In [None]:
import os
import torch
from datasets import load_dataset
from transformers import AutoTokenizer, AutoModelForSequenceClassification, Trainer, TrainingArguments

# Опционально: указать конкретную GPU (например, "0" или "0,1" для нескольких)
# os.environ["CUDA_VISIBLE_DEVICES"] = "0"

# Проверяем доступность GPU
device = torch.device("cuda" if torch.cuda.is_available() else "cpu")
print(f"Используем устройство: {device}")

# Загружаем датасет
dataset = load_dataset("imdb")

# Инициализируем токенизатор и модель
tokenizer = AutoTokenizer.from_pretrained("bert-base-uncased")
model = AutoModelForSequenceClassification.from_pretrained("bert-base-uncased", num_labels=2)
model.to(device)  # Перемещаем модель на GPU

# Токенизация
def tokenize_function(examples):
    return tokenizer(examples["text"], padding="max_length", truncation=True)

tokenized_datasets = dataset.map(tokenize_function, batched=True)

# Выбираем подмножества для ускоренного обучения
small_train_dataset = tokenized_datasets["train"].shuffle(seed=42).select(range(1000))
small_eval_dataset = tokenized_datasets["test"].shuffle(seed=42).select(range(1000))

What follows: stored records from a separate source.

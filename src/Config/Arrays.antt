-- ===== src/Config/Arrays.antt =====
-- src/config.c: the arrays of objects under a key.
pub mod Laws
pub mod Removal
pub mod Operations
use mathlib.Core.Option
use mathlib.Core.Option.{get_or}
use avar.Base.{
  Bool, List, Option, [], false, get_elem?, if◌then◌else◌, length, none, some, suc, true, zero, ℕ,
  ◌&&◌, ◌++◌, ◌+◌, ◌==◌, ◌∷◌,
}
use avar.CString.{Text, str_eq}
use avar.Cjson.{Cjson}
use avar.Config.{Config, find_parent, change, config_scalar_to_string, split_key, update_parent}

module _ ⦃cj : Cjson⦄ where
  open cj use {
    Json, JsonText, print, parse, is_object, string_value, array_items, new_array, get_item,
    put_item, add_item,
  }

  -- `resolve_array_parent` with `create` false.
  unfoldable pub find_array : Json → List Text → Option (List Json)
  unfolding find_parent
  find_array root segments = elim (find_parent root segments) [
    | none ↦ none
    | some (parent, leaf) ↦ Option.bind (get_item parent leaf) array_items
  ]

  -- The array at the leaf with a change to its items, where the change is made.
  unfoldable pub change_items :
      (List Json → Option (List Json)) → Json → Text → List Json → Bool × Json
  change_items f parent leaf items = elim (f items) [
    | none ↦ (false, parent)
    | some changed ↦ (true, put_item parent leaf (new_array changed))
  ]

  -- `resolve_array_parent` at its leaf, with a change to the items.
  unfoldable pub update_leaf : Bool → (List Json → Option (List Json)) → Json → Text → Bool × Json
  unfolding change_items
  update_leaf create f parent leaf = elim (get_item parent leaf) [
    | none ↦
        if create
        then (true, add_item parent leaf (new_array (get_or (f []) [])))
        else (false, parent)
    | some value ↦ elim (array_items value) [
      | some items ↦ change_items f parent leaf items
      | none ↦ if create then change_items f parent leaf [] else (false, parent)
    ]
  ]

  unfoldable pub update_array :
      Bool → (List Json → Option (List Json)) → Json → List Text → Bool × Json
  unfolding update_leaf update_parent
  update_array create f root segments = update_parent create (update_leaf create f) root segments

  -- The items at a key; none where there is no array.
  unfoldable pub items_at : Config → Text → List Json
  unfolding find_array split_key
  items_at config key = get_or (find_array config.root (split_key key)) []

  unfoldable pub get_config_array_size : Config → Text → ℕ
  unfolding items_at
  get_config_array_size config key = length (items_at config key)

  -- `cJSON_GetArrayItem(array, (int)index)` where it is an object.
  unfoldable pub object_at : List Json → ℕ → Option Json
  object_at items index = elim (get_elem? items index) [
    | none ↦ none
    | some item ↦ if is_object item then some item else none
  ]

  unfoldable pub field_of : Json → Text → Option Text
  unfolding config_scalar_to_string
  field_of item field = Option.bind (get_item item field) config_scalar_to_string

  unfoldable pub get_config_array_item_field : Config → Text → ℕ → Text → Option Text
  unfolding items_at object_at field_of
  get_config_array_item_field config key index field =
      Option.bind (object_at (items_at config key) index) (λ item. field_of item field)

  unfoldable pub get_config_array_item_json : Config → Text → ℕ → Option JsonText
  unfolding items_at object_at
  get_config_array_item_json config key index =
      Option.map print (object_at (items_at config key) index)

  -- An object whose field is the given text.
  unfoldable pub item_matches : Text → Text → Json → Bool
  item_matches field value item =
      is_object item && elim (Option.bind (get_item item field) string_value) [
        | none ↦ false
        | some text ↦ str_eq text value
      ]

  -- The text of an object.
  unfoldable pub parse_object : JsonText → Option Json
  parse_object text = elim (parse text) [
    | none ↦ none
    | some item ↦ if is_object item then some item else none
  ]

  unfoldable pub replace_first : (Json → Bool) → Json → List Json → Option (List Json)
  replace_first p v [] = none
  replace_first p v (item ∷ items) =
      let rest = Option.map (λ more. item ∷ more) (replace_first p v items) in
      if p item then some (v ∷ items) else rest

  unfoldable pub remove_first : (Json → Bool) → List Json → Option (List Json)
  remove_first p [] = none
  remove_first p (item ∷ items) =
      let rest = Option.map (λ more. item ∷ more) (remove_first p items) in
      if p item then some items else rest

  unfoldable pub replace_at : ℕ → Json → List Json → Option (List Json)
  replace_at index v [] = none
  replace_at zero v (item ∷ items) = some (v ∷ items)
  replace_at (suc index) v (item ∷ items) =
      Option.map (λ more. item ∷ more) (replace_at index v items)

  unfoldable pub delete_at : ℕ → List Json → List Json
  delete_at index [] = []
  delete_at zero (item ∷ items) = items
  delete_at (suc index) (item ∷ items) = item ∷ delete_at index items

  -- One round of the loop of `remove_config_array_items_where`: the items and `removed`.
  unfoldable pub remove_round : (Json → Bool) → ℕ → List Json → ℕ → List Json × ℕ
  unfolding delete_at
  remove_round p i items removed = elim (get_elem? items i) [
    | none ↦ (items, removed)
    | some item ↦ if p item then (delete_at i items, removed + 1) else (items, removed)
  ]

  -- The rounds from below an index down to 0.
  unfoldable pub remove_below : (Json → Bool) → ℕ → List Json → ℕ → List Json × ℕ
  unfolding remove_round
  remove_below p zero items removed = (items, removed)
  remove_below p (suc i) items removed =
      let (items', removed') = remove_round p i items removed in remove_below p i items' removed'

  module _ (persists : ℕ → Bool) where
    unfoldable pub append_config_array_item : Config → Text → JsonText → Bool × Config
    unfolding change update_array parse_object
    append_config_array_item config key json_object = elim (parse_object json_object) [
      | none ↦ (false, config)
      | some v ↦
          change persists config
            (update_array true (λ items. some (items ++ v ∷ [])) config.root (split_key key))
    ]

    unfoldable pub update_config_array_item : Config → Text → Text → Text → JsonText → Bool × Config
    unfolding change update_array parse_object item_matches replace_first
    update_config_array_item config key field value json_object = elim (parse_object json_object) [
      | none ↦ (false, config)
      | some v ↦ change persists config (
          update_array false (replace_first (item_matches field value) v) config.root
            (split_key key))
    ]

    unfoldable pub remove_config_array_item : Config → Text → Text → Text → Bool × Config
    unfolding change update_array item_matches remove_first
    remove_config_array_item config key field value =
        change persists config
          (update_array false (remove_first (item_matches field value)) config.root (split_key key))

    unfoldable pub replace_config_array_item_at : Config → Text → ℕ → JsonText → Bool × Config
    unfolding change update_array parse_object replace_at
    replace_config_array_item_at config key index json_object = elim (parse_object json_object) [
      | none ↦ (false, config)
      | some v ↦
          change persists config
            (update_array false (replace_at index v) config.root (split_key key))
    ]

    -- `none` where the result is -1, else the number of items that are removed.
    unfoldable pub remove_config_array_items_where : Config → Text → Text → Text → Option ℕ × Config
    unfolding change update_array item_matches remove_below
    remove_config_array_items_where config key field value =
        let p = item_matches field value in
        let items = items_at config key in
        let swept : List Json → List Json × ℕ = λ xs. remove_below p (length xs) xs 0 in
        let removed = (swept items).1 in
        let (written, config') =
          change persists config
            (update_array false (λ xs. some (swept xs).0) config.root (split_key key)) in
        if removed == 0
        then (some 0, config)
        else if written
        then (some removed, config')
        else (none, config')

# Настройка параметров обучения
training_args = TrainingArguments(
    output_dir="./results",
    num_train_epochs=1,
    per_device_train_batch_size=8,
    per_device_eval_batch_size=8,
    save_strategy="no",
    logging_dir='./logs',
    logging_steps=50,
    seed=42,
)
training_args.evaluation_strategy = "epoch"
# Создаем Trainer
trainer = Trainer(
    model=model,
    args=training_args,
    train_dataset=small_train_dataset,
    eval_dataset=small_eval_dataset,
    tokenizer=tokenizer,
)

# Обучение
trainer.train()

# Оценка
trainer.evaluate()


Используем устройство: cuda


Some weights of BertForSequenceClassification were not initialized from the model checkpoint at bert-base-uncased and are newly initialized: ['classifier.bias', 'classifier.weight']
You should probably TRAIN this model on a down-stream task to be able to use it for predictions and inference.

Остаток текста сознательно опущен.